• ACTION ITEM:
After locating the line that contains "some system.own_pid; lock_acquired" in the data below, set down exactly that line and each one after it through the line that contains "unfoldable pub release_lock", and nothing more.

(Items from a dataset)
....................

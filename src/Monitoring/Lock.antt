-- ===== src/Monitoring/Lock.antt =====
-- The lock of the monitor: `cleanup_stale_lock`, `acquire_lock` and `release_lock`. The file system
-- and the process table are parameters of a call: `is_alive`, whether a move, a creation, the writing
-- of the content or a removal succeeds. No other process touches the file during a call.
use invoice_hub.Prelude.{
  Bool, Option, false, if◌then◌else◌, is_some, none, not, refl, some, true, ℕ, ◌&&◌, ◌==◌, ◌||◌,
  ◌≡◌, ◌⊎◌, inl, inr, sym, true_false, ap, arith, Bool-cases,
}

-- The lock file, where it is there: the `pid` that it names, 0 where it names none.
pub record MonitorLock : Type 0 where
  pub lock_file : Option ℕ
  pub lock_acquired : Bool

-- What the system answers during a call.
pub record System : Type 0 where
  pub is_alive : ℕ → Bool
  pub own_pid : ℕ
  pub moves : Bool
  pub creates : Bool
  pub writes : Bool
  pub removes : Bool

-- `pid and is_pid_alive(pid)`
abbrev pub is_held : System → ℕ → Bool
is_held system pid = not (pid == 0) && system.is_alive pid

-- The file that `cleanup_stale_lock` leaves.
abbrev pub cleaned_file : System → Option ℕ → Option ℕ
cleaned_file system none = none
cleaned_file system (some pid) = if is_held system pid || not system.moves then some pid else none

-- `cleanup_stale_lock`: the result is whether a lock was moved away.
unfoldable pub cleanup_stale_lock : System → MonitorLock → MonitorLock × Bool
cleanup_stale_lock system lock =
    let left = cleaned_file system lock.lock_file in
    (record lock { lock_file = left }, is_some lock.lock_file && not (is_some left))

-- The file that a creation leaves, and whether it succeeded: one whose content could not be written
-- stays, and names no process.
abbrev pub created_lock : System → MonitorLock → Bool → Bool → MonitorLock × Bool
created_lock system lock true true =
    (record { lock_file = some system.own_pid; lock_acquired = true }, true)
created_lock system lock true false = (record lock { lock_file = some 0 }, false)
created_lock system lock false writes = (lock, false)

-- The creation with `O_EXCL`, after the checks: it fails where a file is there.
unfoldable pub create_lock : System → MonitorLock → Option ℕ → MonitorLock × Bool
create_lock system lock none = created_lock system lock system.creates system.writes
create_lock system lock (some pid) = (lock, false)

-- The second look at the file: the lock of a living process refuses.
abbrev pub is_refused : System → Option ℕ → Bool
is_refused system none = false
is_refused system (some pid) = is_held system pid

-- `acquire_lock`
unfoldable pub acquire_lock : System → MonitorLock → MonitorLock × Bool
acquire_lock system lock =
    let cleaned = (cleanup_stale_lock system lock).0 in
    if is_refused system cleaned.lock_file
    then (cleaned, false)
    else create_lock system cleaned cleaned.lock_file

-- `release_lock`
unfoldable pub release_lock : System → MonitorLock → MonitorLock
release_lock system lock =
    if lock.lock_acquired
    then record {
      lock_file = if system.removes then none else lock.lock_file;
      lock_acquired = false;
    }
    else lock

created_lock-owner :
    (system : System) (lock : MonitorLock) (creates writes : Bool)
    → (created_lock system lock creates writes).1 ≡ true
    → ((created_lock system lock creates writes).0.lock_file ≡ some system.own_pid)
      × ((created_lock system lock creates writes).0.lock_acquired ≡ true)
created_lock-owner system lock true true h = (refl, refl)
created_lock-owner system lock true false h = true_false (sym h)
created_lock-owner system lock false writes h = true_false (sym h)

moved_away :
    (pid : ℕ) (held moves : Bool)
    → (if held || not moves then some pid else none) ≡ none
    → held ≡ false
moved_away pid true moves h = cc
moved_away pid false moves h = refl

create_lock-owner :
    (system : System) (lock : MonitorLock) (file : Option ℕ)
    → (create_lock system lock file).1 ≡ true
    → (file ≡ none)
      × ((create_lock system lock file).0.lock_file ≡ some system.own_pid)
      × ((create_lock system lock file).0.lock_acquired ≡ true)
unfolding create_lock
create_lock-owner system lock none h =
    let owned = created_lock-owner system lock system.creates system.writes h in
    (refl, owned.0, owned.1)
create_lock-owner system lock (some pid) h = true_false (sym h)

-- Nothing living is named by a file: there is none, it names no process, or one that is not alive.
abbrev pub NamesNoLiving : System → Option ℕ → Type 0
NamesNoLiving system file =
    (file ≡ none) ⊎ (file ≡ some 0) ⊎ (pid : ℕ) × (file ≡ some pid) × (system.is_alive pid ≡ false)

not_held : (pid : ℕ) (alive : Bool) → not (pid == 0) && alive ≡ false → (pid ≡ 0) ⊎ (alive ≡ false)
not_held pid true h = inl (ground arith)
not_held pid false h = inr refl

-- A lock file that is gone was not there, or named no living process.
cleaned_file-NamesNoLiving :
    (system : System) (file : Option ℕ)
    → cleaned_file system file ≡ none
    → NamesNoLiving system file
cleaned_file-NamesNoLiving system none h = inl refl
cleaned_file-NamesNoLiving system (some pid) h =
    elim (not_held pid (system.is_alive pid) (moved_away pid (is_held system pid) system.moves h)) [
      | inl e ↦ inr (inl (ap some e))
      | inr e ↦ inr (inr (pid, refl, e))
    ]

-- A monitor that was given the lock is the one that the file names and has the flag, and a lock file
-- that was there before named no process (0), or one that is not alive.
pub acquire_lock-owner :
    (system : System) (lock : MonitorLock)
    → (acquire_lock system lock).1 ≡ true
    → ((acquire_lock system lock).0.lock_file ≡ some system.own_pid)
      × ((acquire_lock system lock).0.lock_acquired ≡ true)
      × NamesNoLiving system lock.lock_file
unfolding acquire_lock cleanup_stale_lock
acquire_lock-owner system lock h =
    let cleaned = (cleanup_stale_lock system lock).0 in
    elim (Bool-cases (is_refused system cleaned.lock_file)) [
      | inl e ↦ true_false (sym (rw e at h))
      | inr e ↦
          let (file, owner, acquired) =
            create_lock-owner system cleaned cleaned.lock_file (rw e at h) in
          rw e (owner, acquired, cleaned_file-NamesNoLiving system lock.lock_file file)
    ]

....................

• ANSWER SPACE:
    (record { lock_file = some system.own_pid; lock_acquired = true }, true)
created_lock system lock true false = (record lock { lock_file = some 0 }, false)
created_lock system lock false writes = (lock, false)

-- The creation with `O_EXCL`, after the checks: it fails where a file is there.
unfoldable pub create_lock : System → MonitorLock → Option ℕ → MonitorLock × Bool
create_lock system lock none = created_lock system lock system.creates system.writes
create_lock system lock (some pid) = (lock, false)

-- The second look at the file: the lock of a living process refuses.
abbrev pub is_refused : System → Option ℕ → Bool
is_refused system none = false
is_refused system (some pid) = is_held system pid

-- `acquire_lock`
unfoldable pub acquire_lock : System → MonitorLock → MonitorLock × Bool
acquire_lock system lock =
    let cleaned = (cleanup_stale_lock system lock).0 in
    if is_refused system cleaned.lock_file
    then (cleaned, false)
    else create_lock system cleaned cleaned.lock_file

-- `release_lock`
unfoldable pub release_lock : System → MonitorLock → MonitorLock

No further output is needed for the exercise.